- ASSIGNMENT:
For this exercise, reproduce the entries below exactly, but only from the line containing "pub nonce : Bytes" through the line containing "(Q : S → Type 0) (id : Bytes)", both included.

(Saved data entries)

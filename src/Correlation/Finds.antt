-- ===== src/Correlation/Finds.antt =====
-- What `scanLabels` does not pass over.
use interactsh_lite.Correlation.{
  is_cid_base32, is_alphanumeric, min_nonce_length, labels, visit, try_window, scan_windows,
  scan_long, scan_bare, scan_labels,
}
use interactsh_lite.Correlation.Scan.{
  In, go_on_inv, go_on-true, scan_windows_inv, scan_long_inv, scan_bare_inv,
}
use mathlib.Core.List.{append_assoc}
use interactsh_lite.Prelude.{
  ℕ, ◌+◌, Bool, true, false, not, ◌||◌, List, [], ◌∷◌, ◌++◌, ltb, ◌==◌, Bytes, length, take, drop,
  ◌≡◌, refl, sym, ap, ◌∙◌, arith, ◌⊎◌, inl, inr, Bool-cases, length-append, take-length-append,
  subst, drop-length-append,
}

take_front :
    (n k : ℕ) (a b c : Bytes) → length a ≡ n → length b ≡ k → take (n + k) (a ++ (b ++ c)) ≡ a ++ b
take_front n k a b c p q =
    ap (λ m. take m (a ++ (b ++ c))) (omega (arith, length-append a b))
    ∙ ap (take (length (a ++ b))) (sym (append_assoc a b c))
    ∙ take-length-append (a ++ b) c

take_exact : (n : ℕ) (a b : Bytes) → length a ≡ n → take n (a ++ b) ≡ a
take_exact n a b p = ap (λ m. take m (a ++ b)) (sym p) ∙ take-length-append a b

drop_exact : (n : ℕ) (a b : Bytes) → length a ≡ n → drop n (a ++ b) ≡ b
drop_exact n a b p = ap (λ m. drop m (a ++ b)) (sym p) ∙ drop-length-append a b

-- A window of the label: the candidate and, behind it, the nonce.
pub record HasWindow (n : ℕ) (label candidate : Bytes) : Type 0 where
  pub before : Bytes
  pub nonce : Bytes
  pub after : Bytes
  pub splits : label ≡ before ++ (candidate ++ (nonce ++ after))
  pub length-candidate : length candidate ≡ n
  pub length-nonce : length nonce ≡ min_nonce_length
  pub valid_candidate : is_cid_base32 candidate ≡ true
  pub valid_nonce : is_alphanumeric nonce ≡ true

-- A scan whose matches never return visits every window and every bare ID.
module _ {S : Type 0} (lookup : S → Bytes → Bool) (on_match : S → Bytes → Bytes → S × Bool) (n : ℕ)
    (Q : S → Type 0) (id : Bytes)
    (goes_on : (s : S) (c label : Bytes) → (on_match s c label).1 ≡ true)
    (stays : (s : S) (c label : Bytes) → Q s → Q (on_match s c label).0)
    (found : (s : S) (label : Bytes) → Q (visit lookup on_match s id label).0) where
  visit_on : (s : S) (c label : Bytes) → (visit lookup on_match s c label).1 ≡ true
  unfolding visit
  visit_on s c label = ground (arith, goes_on s c label)

  try_window_on :
      (window label : Bytes) (s : S) → (try_window lookup on_match n window label s).1 ≡ true
  unfolding try_window
  try_window_on window label s = ground (arith, visit_on s (take n window) label)

  scan_windows_on :
      (label suffix : Bytes) (s : S) → (scan_windows lookup on_match n label suffix s).1 ≡ true
  unfolding scan_windows
  scan_windows_on label [] s = refl
  scan_windows_on label (c ∷ rest) s =
      let r = try_window lookup on_match n (take (n + min_nonce_length) (c ∷ rest)) label s in
      ground (
        arith,
        try_window_on (take (n + min_nonce_length) (c ∷ rest)) label s,
        scan_windows_on label rest r.0,
      )

  found_here :
      (label nonce : Bytes) (s : S)
      → length id ≡ n
      → is_cid_base32 id ≡ true
      → is_alphanumeric nonce ≡ true
      → Q (try_window lookup on_match n (id ++ nonce) label s).0
  unfolding try_window
  found_here label nonce s a v w =
      rw (take_exact n id nonce a, drop_exact n id nonce a, v, w) (found s label)

  scan_windows_here :
      (label suffix : Bytes) (s : S)
      → ltb (length suffix) (n + min_nonce_length) ≡ false
      → Q (try_window lookup on_match n (take (n + min_nonce_length) suffix) label s).0
      → Q (scan_windows lookup on_match n label suffix s).0
  unfolding scan_windows
  scan_windows_here label [] s e q = absurd (ground (arith, e))
  scan_windows_here label (c ∷ rest) s e q =
      let r = try_window lookup on_match n (take (n + min_nonce_length) (c ∷ rest)) label s in
      rw e (
        go_on_inv Q r (scan_windows lookup on_match n label rest) q
          (scan_windows_inv lookup on_match n Q (λ t x l _ _ _ h. stays t x l h) label rest))

  scan_windows_later :
      (label : Bytes) (c : ℕ) (rest : Bytes) (s : S)
      → ltb (length (c ∷ rest)) (n + min_nonce_length) ≡ false
      → ((t : S) → Q (scan_windows lookup on_match n label rest t).0)
      → Q (scan_windows lookup on_match n label (c ∷ rest) s).0
  unfolding scan_windows
  scan_windows_later label c rest s e h =
      let r = try_window lookup on_match n (take (n + min_nonce_length) (c ∷ rest)) label s in
      rw (e, go_on-true r (scan_windows lookup on_match n label rest) (try_window_on _ label s))
        (h r.0)

  -- The window is visited, whatever stands before it.
  scan_windows_finds :
      (label before nonce after : Bytes) (s : S)
      → length id ≡ n
      → length nonce ≡ min_nonce_length
      → is_cid_base32 id ≡ true
      → is_alphanumeric nonce ≡ true
      → Q (scan_windows lookup on_match n label (before ++ (id ++ (nonce ++ after))) s).0
  scan_windows_finds label [] nonce after s a b v w =
      scan_windows_here label (id ++ (nonce ++ after)) s
        (ground (arith, length-append id (nonce ++ after), length-append nonce after))
        (rw (take_front n min_nonce_length id nonce after a b) (found_here label nonce s a v w))
  scan_windows_finds label (c ∷ before) nonce after s a b v w =
      scan_windows_later label c (before ++ (id ++ (nonce ++ after))) s
        (ground (
          arith,
          length-append before (id ++ (nonce ++ after)),
          length-append id (nonce ++ after),
          length-append nonce after,
        ))
        (λ t. scan_windows_finds label before nonce after t a b v w)

  HasWindow-found :
      (label : Bytes) (s : S)
      → HasWindow n label id
      → Q (scan_windows lookup on_match n label label s).0
  HasWindow-found label s h =
      subst (λ l. Q (scan_windows lookup on_match n label l s).0) (sym h.splits)
        (scan_windows_finds label h.before h.nonce h.after s h.length-candidate h.length-nonce
          h.valid_candidate h.valid_nonce)

  HasWindow-long :
      (label : Bytes) → HasWindow n label id → ltb (length label) (n + min_nonce_length) ≡ false
  HasWindow-long label h = ground (
    arith,
    ap length h.splits,
    h.length-candidate,
    h.length-nonce,
    length-append h.before (id ++ (h.nonce ++ h.after)),
    length-append id (h.nonce ++ h.after),
    length-append h.nonce h.after,
  )

  kept_on :
      (s : S) (c label : Bytes)
      → length c ≡ n
      → is_cid_base32 c ≡ true
      → lookup s c ≡ true
      → Q s
      → Q (on_match s c label).0
  kept_on s c label _ _ _ q = stays s c label q

  scan_long_on : (ls : List Bytes) (s : S) → (scan_long lookup on_match n ls s).1 ≡ true
  unfolding scan_long
  scan_long_on [] s = refl
  scan_long_on (label ∷ ls) s = ground (
    arith,
    scan_windows_on label label s,
    scan_long_on ls s,
    scan_long_on ls (scan_windows lookup on_match n label label s).0,
  )

  scan_long_finds :
      (label : Bytes) (ls : List Bytes) (s : S)
      → In label ls
      → HasWindow n label id
      → Q (scan_long lookup on_match n ls s).0
  unfolding scan_long
  scan_long_finds label [] s i h = absurd i
  scan_long_finds label (l ∷ ls) s (inl e) h =
      let h' = subst (λ x. HasWindow n x id) e h in
      let r = scan_windows lookup on_match n l l s in
      rw (HasWindow-long l h') (
        go_on_inv Q r (scan_long lookup on_match n ls) (HasWindow-found l s h')
          (scan_long_inv lookup on_match n Q kept_on ls))
  scan_long_finds label (l ∷ ls) s (inr i) h =
      elim (Bool-cases (ltb (length l) (n + min_nonce_length))) [
        | inl e ↦ rw e (scan_long_finds label ls s i h)
        | inr e ↦
            let r = scan_windows lookup on_match n l l s in
            rw (e, go_on-true r (scan_long lookup on_match n ls) (scan_windows_on l l s))
              (scan_long_finds label ls r.0 i h)
      ]

  scan_bare_finds :
      (ls : List Bytes) (s : S)
      → In id ls
      → length id ≡ n
      → is_cid_base32 id ≡ true
      → Q (scan_bare lookup on_match n ls s).0
  unfolding scan_bare
  scan_bare_finds [] s i a v = absurd i
  scan_bare_finds (l ∷ ls) s (inl e) a v =
      let is_id : (not (length l == n) || not (is_cid_base32 l)) ≡ false =
        rw (← e) (ground (arith, a, v)) in
      rw is_id (
        go_on_inv Q (visit lookup on_match s l l) (scan_bare lookup on_match n ls)
          (subst (λ x. Q (visit lookup on_match s x l).0) e (found s l))
          (scan_bare_inv lookup on_match n Q kept_on ls))
  scan_bare_finds (l ∷ ls) s (inr i) a v =
      elim (Bool-cases (not (length l == n) || not (is_cid_base32 l))) [
        | inl e ↦ rw e (scan_bare_finds ls s i a v)
        | inr e ↦
            rw
              (
                e,
                go_on-true (visit lookup on_match s l l) (scan_bare lookup on_match n ls)
                    (visit_on s l l),
              )
              (scan_bare_finds ls (visit lookup on_match s l l).0 i a v)
      ]

  -- Either tier finds the ID.
  pub scan_labels_finds :
      (input label : Bytes) (s : S)
      → In label (labels input)
      → HasWindow n label id ⊎ ((label ≡ id) × (length id ≡ n) × (is_cid_base32 id ≡ true))
      → Q (scan_labels lookup on_match n input s)
  unfolding scan_labels
  scan_labels_finds input label s i (inl h) =
      go_on_inv Q (scan_long lookup on_match n (labels input) s)
        (scan_bare lookup on_match n (labels input)) (scan_long_finds label (labels input) s i h)
        (scan_bare_inv lookup on_match n Q kept_on (labels input))
  scan_labels_finds input label s i (inr (e, a, v)) =
      let r = scan_long lookup on_match n (labels input) s in
      let f = scan_bare lookup on_match n (labels input) in
      subst (λ x. Q x.0) (sym (go_on-true r f (scan_long_on (labels input) s)))
        (scan_bare_finds (labels input) r.0 (subst (λ x. In x (labels input)) e i) a v)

- REPLY:
  pub nonce : Bytes
  pub after : Bytes
  pub splits : label ≡ before ++ (candidate ++ (nonce ++ after))
  pub length-candidate : length candidate ≡ n
  pub length-nonce : length nonce ≡ min_nonce_length
  pub valid_candidate : is_cid_base32 candidate ≡ true
  pub valid_nonce : is_alphanumeric nonce ≡ true

-- A scan whose matches never return visits every window and every bare ID.
module _ {S : Type 0} (lookup : S → Bytes → Bool) (on_match : S → Bytes → Bytes → S × Bool) (n : ℕ)
    (Q : S → Type 0) (id : Bytes)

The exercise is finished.